A double slit arrangement produces interference fringes for sodium light `(lambda=589nm)` that have an angular separation of `3.50xx10^-3` radian. For what wavelength would the angular separation be 10% greater?

To solve the problem, we need to determine the new wavelength when the angular separation is 10% greater than the original angular separation produced by sodium light.
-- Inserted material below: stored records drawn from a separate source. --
-- ===== src/Lib.antt =====
-- esodm, an object-document mapper for Elasticsearch (Go): a model of its core.
--
-- The program. A Client checks the server's version and performs requests; a Repository writes and
-- reads documents through it, one by one (repository.go), in batches (bulk.go, bulk_retry.go,
-- bulk_sequence.go) and by searches; an Iterator (iterator.go) walks a search page by page over a
-- point in time; Admin (admin.go, operations.go) manages indices, aliases and tasks, and
-- checkpointed migrations (migration.go) are built on it.
--
-- The files, and the code that each one models.
--   Prelude                        Go's byte strings and signed integers, lists, Boolean tests
--   Error, Error/Classes           client.go: *Error, the sentinel errors, errors.Is and errors.As
--                                  over wrapped errors; the error types of the other files
--   Decimal, Decimal/RoundTrip     strconv.Atoi, strconv.Itoa and the digits of ParseUint
--   Version, Version/*             client.go: Version, ParseVersion, String, Compare, validateVersion
--   Names, Names/Safe              client.go: validateName, validateID; index.go: validateIndexName,
--                                  validateReadTarget
--   Paths, Paths/*                 client.go: segment, requestOperation; net/url's escaping of a
--                                  segment; Segments and Operations are about them
--   Client, Client/Perform         client.go: perform, request, Do; Client/Success is about perform
--   Client/Calls                   Client/Success for Do
--   Client/Connect, Client/Typed   client.go: Connect, ConnectVersion, newClient; DoTyped
--   Retry, Retry/Bounds            bulk_retry.go: RetryPolicy, its validation and the delay
--   Write, Write/Values            repository.go: Metadata, WriteResult, WriteOptions
--   Bulk                           bulk.go: the types of a batch and what a batch calls (Backend)
--   Bulk/Send                      bulk.go: sendBulk; repository.go: afterWrite
--   Bulk/Loop, Bulk/Loop/*         bulk_retry.go: BulkWithOptions; Bulk/Loop/Steps is the induction
--                                  rule for its attempts, the other files prove from it
--   Bulk/Sequence, .../Batches     bulk_sequence.go: BulkSeq2 without concurrency
--   Iterator                       iterator.go: Next and Close
--   Iterator/Paging                iterator.go: Each, and which hits it delivers
--   Iterator/Ownership             iterator.go: the release of the point in time
--   Iterator/Cursors               iterator.go: Cursor, Detach, EncodeCursor, DecodeCursor
--   Finder                         finder.go: Page
--   Read                           read_options.go; repository.go: Hit
--   Relations, Relations/*         relations.go: Load; Lookup and Loading are lemmas for Order
--   Relations/Graph, .../Bounds    relations.go: Preload
--   Join                           relations.go: compileJoin, validateJoin, requireJoinRouting
--   Effect                         fallible functions that reach the outside
--   Repository                     repository.go, model.go: a repository, its hooks and its model
--   Repository/Writing, .../Delivery, .../Preparation
--                                  repository.go, model.go, options.go: write, Create, Replace,
--                                  Save, Insert; what they check, and when they succeed
--   Repository/Creations, .../Steps
--                                  lemmas for Delivery: the tests of a write and its hooks
--   Repository/Patching            repository.go: Update, Upsert, Delete
--   Repository/Reading, .../Joins  repository.go: GetWith, ExistsWith, EnsureIndex, CountWith; what
--                                  a join field requires of reads and writes
--   Repository/Updates             operations.go: UpdateWith
--   Repository/Loading             relations.go: MGetWith
--   Repository/Batches, .../BatchHeader, .../BatchChecks
--                                  bulk.go, bulk_retry.go: prepareBulk, normalizeBulk,
--                                  EncodeOperation
--   Search, Search/Building        search.go: Search, its methods, and chains of them
--   Search/Running                 search.go: Repository.Search
--   Search/Pinned, .../Including, .../Complete, .../Runs
--                                  its conditions: the point in time, the vectors in the source, the
--                                  response; and when it succeeds
--   Registry, Registry/Distinct    model.go: Registry
--   Admin, Admin/Polling           admin.go: indices, mappings, aliases, jsonEqual; operations.go:
--                                  Task, WaitTask, validateTaskID; Admin/Waiting is about WaitTask
--   ByQuery                        operations.go: UpdateByQuery, DeleteByQuery
--   Migration                      migration.go: MigrationState, its validation and checks
--   Migration/Sequence             the monad of functions that return a state beside an error
--   Migration/Steps                migration.go: StartMigration, submitMigration, ResumeMigration
--   Migration/Triples              pre- and postconditions of such functions
--   Migration/Still, Resume, Start
--                                  what these functions do to the alias and to the phase
--   Migration/Apply                admin.go: ApplyMigration
--   Tests                          runs on concrete inputs, and the theorems at such inputs
--
-- How code becomes a definition. A function that reaches the cluster, the clock, a hook or a
-- callback takes a state of type `World` and returns the next one; what it reaches is a field of a
-- record (Backend for batches, Server for iterators, Cluster for management), which stands for the
-- transport, for the packages encoding/json, encoding/base64 and math/rand, and for callbacks. A
-- context is the part of the world that ctx.Err and waitContext read. An error is a value of
-- `Error.Err`; nil is `none`. A pair of a value and an error keeps the value where the code reads it
-- beside an error (batches, migrations, iterators), and is a Result where it does not.
--
-- Integers. A Go int or int64 is an integer without a bound where the code's own checks keep it
-- in range: retry counts, delays (a doubled delay stays at most the maximum) and batch sizes.
--
-- Loops and fuel. The attempts of BulkWithOptions recurse on the retries that are left, and the
-- loop of BulkSeq2 on what the producer yields. WaitTask and Each run until the server ends
-- them: they take fuel, and their theorems name the number of polls or hits that suffices.
--
-- Not modelled. Query and schema building (query.go, facets.go, the rest of finder.go, geo.go,
-- fields.go, schema.go), MultiSearch, aggregations and inner hits, the reflection of model.go,
-- the concurrent BulkStream, mapping drift, PlanMigration, the file store of
-- migrationstore, adapters, generators, observability, tests and examples. encode and normalize of
-- Backend are parameters of the model of batches; Repository/Batches has the code behind them.
-- `search` of Server stands for Repository.Search, and the requests of Cluster for Client.Do and
-- Client.DoTyped. Text of error messages is not kept.
pub mod Prelude
pub mod Error
pub mod Names
pub mod Paths
pub mod Decimal
pub mod Version
pub mod Client
pub mod Retry
pub mod Write
pub mod Bulk
pub mod Iterator
pub mod Search
pub mod Finder
pub mod Admin
pub mod ByQuery
pub mod Read
pub mod Relations
pub mod Repository
pub mod Join
pub mod Registry
pub mod Effect
pub mod Migration
pub mod Tests
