-- ===== src/Prelude/GoString.antt =====
-- Go strings: sequences of bytes, compared and searched as package strings does.
use Prim.Native.Nat.{ℕ}
use Prim.Native.Char.{code}
use Prim.Native.String.{String}
use mathlib.Core.Path.{◌≡◌, refl}
use mathlib.Core.Logic.{◌↔◌, ◌≢◌}
use mathlib.Core.Bool.{Bool, true, false, ◌&&◌, ◌||◌}
use mathlib.Core.List.{List, [], ◌∷◌, ◌++◌}
use native.Mathlib.Omega.{arith}
use esodm.Prelude.Tests.{◌==◌, if◌then◌else◌}
use esodm.Prelude.Lists.{All}

abbrev pub Bytes : Type 0
Bytes = List ℕ

-- The bytes of an ASCII literal.
abbrev pub text : String → Bytes
text String.[] = []
text (String.◌∷◌ c s) = code c ∷ text s

-- s == t
unfoldable pub bytes_eq : Bytes → Bytes → Bool
bytes_eq [] [] = true
bytes_eq [] (d ∷ t) = false
bytes_eq (c ∷ s) [] = false
bytes_eq (c ∷ s) (d ∷ t) = (c == d) && bytes_eq s t

pub bytes_eq_iff : (s t : Bytes) → (bytes_eq s t ≡ true) ↔ (s ≡ t)
unfolding bytes_eq
bytes_eq_iff [] [] = (λ _. refl, λ _. refl)
bytes_eq_iff [] (d ∷ t) = (λ h. cc, λ h. cc)
bytes_eq_iff (c ∷ s) [] = (λ h. cc, λ h. cc)
bytes_eq_iff (c ∷ s) (d ∷ t) =
    (λ h. ground (arith, bytes_eq_iff s t), λ h. ground (arith, bytes_eq_iff s t))

pub bytes_eq_refl : (s : Bytes) → bytes_eq s s ≡ true
bytes_eq_refl s = (bytes_eq_iff s s).1 refl

-- s == ""
unfoldable pub is_empty : Bytes → Bool
is_empty [] = true
is_empty (c ∷ s) = false

-- A byte that stands in a list of bytes.
unfoldable pub contains_byte : Bytes → ℕ → Bool
contains_byte [] c = false
contains_byte (d ∷ s) c = (c == d) || contains_byte s c

-- strings.ContainsAny for a set of ASCII bytes.
unfoldable pub contains_any : Bytes → Bytes → Bool
unfolding contains_byte
contains_any [] chars = false
contains_any (c ∷ s) chars = contains_byte chars c || contains_any s chars

-- strings.HasPrefix
unfoldable pub has_prefix : Bytes → Bytes → Bool
has_prefix s [] = true
has_prefix [] (p ∷ ps) = false
has_prefix (c ∷ s) (p ∷ ps) = (c == p) && has_prefix s ps

-- The part of a string before the first separator byte: base, _, _ := strings.Cut(s, sep)
unfoldable pub before : ℕ → Bytes → Bytes
before sep [] = []
before sep (c ∷ s) = let rest = before sep s in if c == sep then [] else c ∷ rest

-- A byte in front of the first part.
abbrev pub prepend : ℕ → List Bytes → List Bytes
prepend c [] = (c ∷ []) ∷ []
prepend c (p ∷ ps) = (c ∷ p) ∷ ps

-- strings.Split(s, sep) for a separator of one byte.
unfoldable pub split : ℕ → Bytes → List Bytes
split sep [] = [] ∷ []
split sep (c ∷ s) = let rest = split sep s in if c == sep then [] ∷ rest else prepend c rest

pub before-append : (sep : ℕ) (s t : Bytes) → All (λ c. c ≢ sep) s → before sep (s ++ sep ∷ t) ≡ s
unfolding before
before-append sep [] t h = ground arith
before-append sep (c ∷ s) t h = ground (arith, before-append sep s t h.1)

pub before-none : (sep : ℕ) (s : Bytes) → All (λ c. c ≢ sep) s → before sep s ≡ s
unfolding before
before-none sep [] h = refl
before-none sep (c ∷ s) h = ground (arith, before-none sep s h.1)

pub split-append :
    (sep : ℕ) (s t : Bytes) → All (λ c. c ≢ sep) s → split sep (s ++ sep ∷ t) ≡ s ∷ split sep t
unfolding split
split-append sep [] t h = ground arith
split-append sep (c ∷ s) t h = ground (arith, split-append sep s t h.1)

pub split-none : (sep : ℕ) (s : Bytes) → All (λ c. c ≢ sep) s → split sep s ≡ s ∷ []
unfolding split
split-none sep [] h = refl
split-none sep (c ∷ s) h = ground (arith, split-none sep s h.1)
Let's break this down step by step. ### Step 1: Understand the relationship between angular separation and wavelength The angular separation (θ) in a double slit experiment is given by the formula: \[ \theta = \frac{\lambda}{d} \] where: - \(\theta\) is the angular separation, - \(\lambda\) is the wavelength of the light, - \(d\) is the distance between the slits. ### Step 2: Calculate the original angular separation From the problem, we know: - Original wavelength, \(\lambda = 589 \, \text{nm} = 589 \times 10^{-9} \, \text{m}\) - Original angular separation, \(\theta = 3.50 \times 10^{-3} \, \text{radians}\) ### Step 3: Calculate the new angular separation We need to find the new angular separation that is 10% greater than the original: \[ \text{New } \theta = \theta + 0.1 \theta = 1.1 \theta \] Calculating this gives: \[ \text{New } \theta = 1.1 \times (3.50 \times 10^{-3}) = 3.85 \times 10^{-3} \, \text{radians} \] ### Step 4: Set up the equation for the new wavelength We know the distance \(d\) remains constant, so we can set up the equation for the new wavelength \(\lambda_{new}\): \[ \text{New } \theta = \frac{\lambda_{new}}{d} \] Substituting the new angular separation: \[ 3.85 \times 10^{-3} = \frac{\lambda_{new}}{d} \] ### Step 5: Relate the new wavelength to the original wavelength From the original equation, we can express \(d\) in terms of the original wavelength: \[ d = \frac{\lambda}{\theta} = \frac{589 \times 10^{-9}}{3.50 \times 10^{-3}} \] Now substituting \(d\) into the equation for the new wavelength: \[ 3.85 \times 10^{-3} = \frac{\lambda_{new}}{\frac{589 \times 10^{-9}}{3.50 \times 10^{-3}}} \] ### Step 6: Solve for \(\lambda_{new}\) Cross-multiplying gives: \[ \lambda_{new} = 3.85 \times 10^{-3} \times \frac{589 \times 10^{-9}}{3.50 \times 10^{-3}} \] Calculating this: \[ \lambda_{new} = \frac{3.85 \times 589 \times 10^{-9}}{3.50} = \frac{2266.65 \times 10^{-9}}{3.50} \approx 648.0 \times 10^{-9} \, \text{m} \] Converting this back to nanometers: \[ \lambda_{new} \approx 648.0 \, \text{nm} \] ### Final Answer The new wavelength for which the angular separation is 10% greater is approximately **648 nm**.